Stéphanie Cassilde, chercheuse en sciences sociales et Giuseppina Di Ruggiero, psychologue dans un centre d’accueil de jour nous proposent un focus sur les jeunes en errance. Il n’est pas question ici de jeunes festivaliers ou de voyageurs bohèmes. Mais de jeunes en rupture familiale et en désaffiliation sociale. Des jeunes sans attache, en somme. Au départ de leurs observations et expérience de terrain, les deux professionnelles livrent certains éclairages qui plaident pour une continuité de la prise en charge de ces jeunes après leur 25e anniversaire. Selon elles, le déclic pour entamer un projet de formation ou d’emploi ne survient chez la plupart des jeunes accueillis en situation de bas seuil qu’à l’approche de cet âge charnière. Les extraire des programmes de subsidiation revient donc à créer une seconde rupture consécutive à la première vécue à leurs 18 ans. Explications.

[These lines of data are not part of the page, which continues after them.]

-- ===== src/Indexed/Approval.antt =====
-- What `approve_risk_with_reservation` of app/oms/indexed.py promises.
use trade_bot.Prelude.{
  ℕ, ◌⊎◌, true, Option, none, some, List, [], ◌∷◌, ◌++◌, String, ◌≡◌, refl, arith, inl, inr,
  Option-cases,
}
use trade_bot.Prelude.Decimal.{mul}
use trade_bot.Prelude.Json.{Json}
use trade_bot.Prelude.Clock.{Datetime, aware, naive}
use trade_bot.Prelude.Action.{
  Result, ok, err, Error, Result-cases, Given-cases, transaction, transaction_same, ok_is_no_err,
}
use trade_bot.Domain.{OrderIntent, is_buy}
use trade_bot.Oms.State.{risk_approved, state_value, validate_transition}
use trade_bot.Oms.Tables.{Oms, OrderRecord, OrderRow, find_order, find_event, get, update_order}
use trade_bot.Oms.Events.{append_event, journal_row}
use trade_bot.Oms.Orders.{advance_row}
use trade_bot.Oms.Steps.{Step, same, advance}
use trade_bot.Oms.Lookup.{find_order-update_self}
use trade_bot.Oms.Soundness.{IsSound, Step-IsSound}
use trade_bot.Risk.Engine.{RiskDecision}
use trade_bot.Risk.Lifecycle.{prepare}
use trade_bot.Risk.Prepare.{prepare_reserving-IsSound}
use trade_bot.Risk.Reservation.{
  RiskReservationBudget, is_approved, validate_budget, evaluate_buy_reservation,
}
use trade_bot.Risk.Capacity.{evaluate_buy_reservation-FitsBudget}
use trade_bot.Indexed.Committed.{FitsRows, evaluated-FitsRows}
use trade_bot.Indexed.Reserve.{
  reservation_request, reservation_payload, reserve_capacity, active_buys, approve_new,
  approve_body, approve_risk_with_reservation,
}

-- A buy that is let through fits, with what is committed to the other buys.
reserve_capacity-FitsRows :
    (r : OrderRecord) (b : RiskReservationBudget) (rows : List OrderRow) (payload : Json)
    → is_buy r.side ≡ true
    → reserve_capacity r b rows ≡ ok payload
    → FitsRows b r.symbol (mul r.quantity r.limit_price) rows
unfolding reserve_capacity
reserve_capacity-FitsRows r b rows payload buys given =
    let evaluation =
      evaluate_buy_reservation r.symbol (mul r.quantity r.limit_price) b (active_buys rows) in
    elim (Given-cases evaluation) [
      | inl (e, done) ↦
          let approved : is_approved e ≡ true = ground arith in
          evaluated-FitsRows r.symbol (mul r.quantity r.limit_price) b rows e done (
            (evaluate_buy_reservation-FitsBudget r.symbol (mul r.quantity r.limit_price) b
                (active_buys rows) e done).0
              approved)
      | inr (x, failed) ↦ absurd (refused x failed)
    ]
  where
    refused :
        (x : Error)
        → evaluate_buy_reservation r.symbol (mul r.quantity r.limit_price) b (active_buys rows)
          ≡ err x
        → ⊥
    refused x failed = ground arith

module _ (digest : Json → String) where
  -- The store after an approval.
  abbrev booked : String → String → ℕ → RiskReservationBudget → Json → OrderRow → Oms → Oms
  booked i e t b payload r s = record s {
    orders = update_order i (advance_row risk_approved r.broker_order_id t) s.orders;
    events =
        s.events
        ++ journal_row digest e i (state_value risk_approved)
            (reservation_payload payload (reservation_request r.order b)) t none
          ∷ [];
  }

  approve_new-booked :
      (i e : String) (t : ℕ) (b : RiskReservationBudget) (s : Oms) (r : OrderRow) (payload : Json)
      → find_order i s.orders ≡ some r
      → find_event e s.events ≡ none
      → validate_transition r.state risk_approved ≡ ok tt
      → reserve_capacity r.order b s.orders ≡ ok payload
      → approve_new digest i e t b r.order s
        ≡ (ok (advance_row risk_approved r.broker_order_id t r).order, booked i e t b payload r s)
  unfolding approve_new get append_event
  approve_new-booked i e t b s r payload found fresh good given = ground (
    arith,
    find_order-update_self i (advance_row risk_approved r.broker_order_id t) s.orders {r = r}
        (λ x. refl) found,
  )

  approve_new-refused :
      (i e : String) (t : ℕ) (b : RiskReservationBudget) (s : Oms) (r : OrderRow) {x : Error}
      → validate_transition r.state risk_approved ≡ err x
      → approve_new digest i e t b r.order s ≡ (err x, s)
  unfolding approve_new
  approve_new-refused i e t b s r bad = ground arith

  approve_new-beyond :
      (i e : String) (t : ℕ) (b : RiskReservationBudget) (s : Oms) (r : OrderRow) {x : Error}
      → validate_transition r.state risk_approved ≡ ok tt
      → reserve_capacity r.order b s.orders ≡ err x
      → approve_new digest i e t b r.order s ≡ (err x, s)
  unfolding approve_new
  approve_new-beyond i e t b s r good beyond = ground arith

  -- A new approval is booked with its payload, or raises and writes nothing.
  approve_new-cases :
      (i e : String) (t : ℕ) (b : RiskReservationBudget) (s : Oms) (r : OrderRow)
      → find_order i s.orders ≡ some r
      → find_event e s.events ≡ none
      → ((payload : Json) × (validate_transition r.state risk_approved ≡ ok tt)
          × (reserve_capacity r.order b s.orders ≡ ok payload)
          × (approve_new digest i e t b r.order s ≡ (
            ok (advance_row risk_approved r.broker_order_id t r).order,
            booked i e t b payload r s,
          )))
        ⊎ ((x : Error) × (approve_new digest i e t b r.order s ≡ (err x, s)))
  approve_new-cases i e t b s r found fresh =
      elim (Result-cases (validate_transition r.state risk_approved)) [
        | inr (x, bad) ↦ inr (x, approve_new-refused i e t b s r {x = x} bad)
        | inl good ↦ elim (Given-cases (reserve_capacity r.order b s.orders)) [
          | inr (x, beyond) ↦ inr (x, approve_new-beyond i e t b s r {x = x} good beyond)
          | inl (payload, given) ↦
              inl (
                payload,
                good,
                given,
                approve_new-booked i e t b s r payload found fresh good given,
              )
        ]
      ]

  approve_body_fresh :
      (i e : String) (t : ℕ) (b : RiskReservationBudget) (s : Oms) (r : OrderRow)
      → find_order i s.orders ≡ some r
      → find_event e s.events ≡ none
      → approve_body digest i e t b s ≡ approve_new digest i e t b r.order s
  unfolding approve_body get
  approve_body_fresh i e t b s r found fresh = ground arith

  -- A call at a new event is the new approval, in a transaction.
  approve_fresh :
      (i e : String) (t : ℕ) (b : RiskReservationBudget) (s : Oms) (r : OrderRow)
      → find_order i s.orders ≡ some r
      → find_event e s.events ≡ none
      → validate_budget b ≡ ok tt
      → approve_risk_with_reservation digest i e (aware t) b s
        ≡ transaction (approve_new digest i e t b r.order) s
  unfolding approve_risk_with_reservation
  approve_fresh i e t b s r found fresh valid = rw valid (
      transaction_same (approve_body digest i e t b) (approve_new digest i e t b r.order) s
        (approve_body_fresh i e t b s r found fresh))

  approve-Step :
      (i e : String) (t : Datetime) (b : RiskReservationBudget) (s : Oms)
      → Step s (approve_risk_with_reservation digest i e t b s).1
  unfolding approve_risk_with_reservation get append_event
  approve-Step i e (naive t) b s = same (ground arith)
  approve-Step i e (aware t) b s = elim (Result-cases (validate_budget b)) [
    | inr (x, bad) ↦ same (ground arith)
    | inl valid ↦ elim (Option-cases (find_order i s.orders)) [
      | inl missing ↦ same (ground arith)
      | inr (r, found) ↦ elim (Option-cases (find_event e s.events)) [
        | inr (x, taken) ↦ same (ground arith)
        | inl fresh ↦ elim (approve_new-cases i e t b s r found fresh) [
          | inr (x, refused) ↦
              same (ground (arith, refused, approve_fresh i e t b s r found fresh valid))
          | inl (payload, good, given, done) ↦
              advance i r risk_approved r.broker_order_id t
                (journal_row digest e i (state_value risk_approved)
                    (reservation_payload payload (reservation_request r.order b)) t none
                  ∷ [])
                found good (ground (arith, done, approve_fresh i e t b s r found fresh valid))
        ]
      ]
    ]
  ]

  naive_refused :
      (i e : String) (t : ℕ) (b : RiskReservationBudget) (s : Oms) {approved : OrderRecord}
      → (approve_risk_with_reservation digest i e (naive t) b s).0 ≡ ok approved
      → ⊥
  unfolding approve_risk_with_reservation
  naive_refused i e t b s h = ground arith

  invalid_refused :
      (i e : String) (t : ℕ) (b : RiskReservationBudget) (s : Oms) {approved : OrderRecord}
      {x : Error}
      → validate_budget b ≡ err x
      → (approve_risk_with_reservation digest i e (aware t) b s).0 ≡ ok approved
      → ⊥
  unfolding approve_risk_with_reservation
  invalid_refused i e t b s bad h = ground arith

  same_state :
      {r : Result OrderRecord} (a b : OrderRecord) → r ≡ ok a → r ≡ ok b → a.state ≡ b.state
  same_state {r} a b h k = ground arith

  -- An approval of a buy that is new to the journal keeps the budget: where the call returns, the
  -- whole notional of the order, together with what is still to be paid for every buy of the store
  -- that is neither new nor settled, is within the cash, if a cash is given; with the current
  -- notional, the same of the symbol is within its limit, and of all symbols within theirs. The order
  -- that returns is RISK_APPROVED.
  pub approved_within_budget :
      (i e : String) (t : Datetime) (b : RiskReservationBudget) (s : Oms) (r : OrderRow)
      (approved : OrderRecord)
      → find_order i s.orders ≡ some r
      → is_buy r.side ≡ true
      → find_event e s.events ≡ none
      → (approve_risk_with_reservation digest i e t b s).0 ≡ ok approved
      → FitsRows b r.symbol (mul r.quantity r.limit_price) s.orders
        × (approved.state ≡ risk_approved)
  approved_within_budget i e (naive t) b s r approved found buys fresh h =
      absurd (naive_refused i e t b s h)
  approved_within_budget i e (aware t) b s r approved found buys fresh h =
      elim (Result-cases (validate_budget b)) [
        | inr (x, bad) ↦ absurd (invalid_refused i e t b s {x = x} bad h)
        | inl valid ↦ elim (approve_new-cases i e t b s r found fresh) [
          | inr (x, refused) ↦ absurd (
              ok_is_no_err {e = x} h
                (ground (arith, refused, approve_fresh i e t b s r found fresh valid)))
          | inl (payload, good, given, done) ↦
              let row = advance_row risk_approved r.broker_order_id t r in
              let result : (approve_risk_with_reservation digest i e (aware t) b s).0
                  ≡ ok row.order =
                ground (arith, done, approve_fresh i e t b s r found fresh valid) in
              (
                reserve_capacity-FitsRows r.order b s.orders payload buys given,
                same_state approved row.order h result,
              )
        ]
      ]

  -- `prepare` on the store with reservations keeps the invariant of the tables, whatever it is given
  -- and whether it returns or raises: reserving capacity is one more step of the same store.
  pub prepare_indexed-IsSound :
      (sha : String → String) (namespace : String) (i : OrderIntent) (d : RiskDecision)
      (t : Datetime) (budget : Option RiskReservationBudget) (s : Oms)
      → IsSound s
      → IsSound
          (prepare digest sha namespace
            (some (approve_risk_with_reservation digest))
            i
            d
            t
            budget
            s).1
  prepare_indexed-IsSound =
      prepare_reserving-IsSound digest (some (approve_risk_with_reservation digest))
        (λ i e t b s h. Step-IsSound (approve-Step i e t b s) h)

Acteur majeur de l’accueil de jour au sud du pays, l’ASBL Comme chez Nous (CCN) rassemble à elle seule 40% des accueils dits de bas seuil en Wallonie. Parmi les 1088 (4) personnes différentes ayant fréquenté la structure en 2019, près de 10% étaient âgés entre 18 et 24 ans. Les travailleurs sociaux de cette association constatent que des secondes, voire des troisièmes générations se présentent à l’accueil de jour. A Bruxelles, cette même tranche d’âge représentait, en 2018, 22% des personnes accueillies par le Samu social. De manière générale, toutes catégories d’âge confondues, on constate une augmentation de la précarité et du sans-abrisme à l’échelle de l’ensemble de l’Union européenne.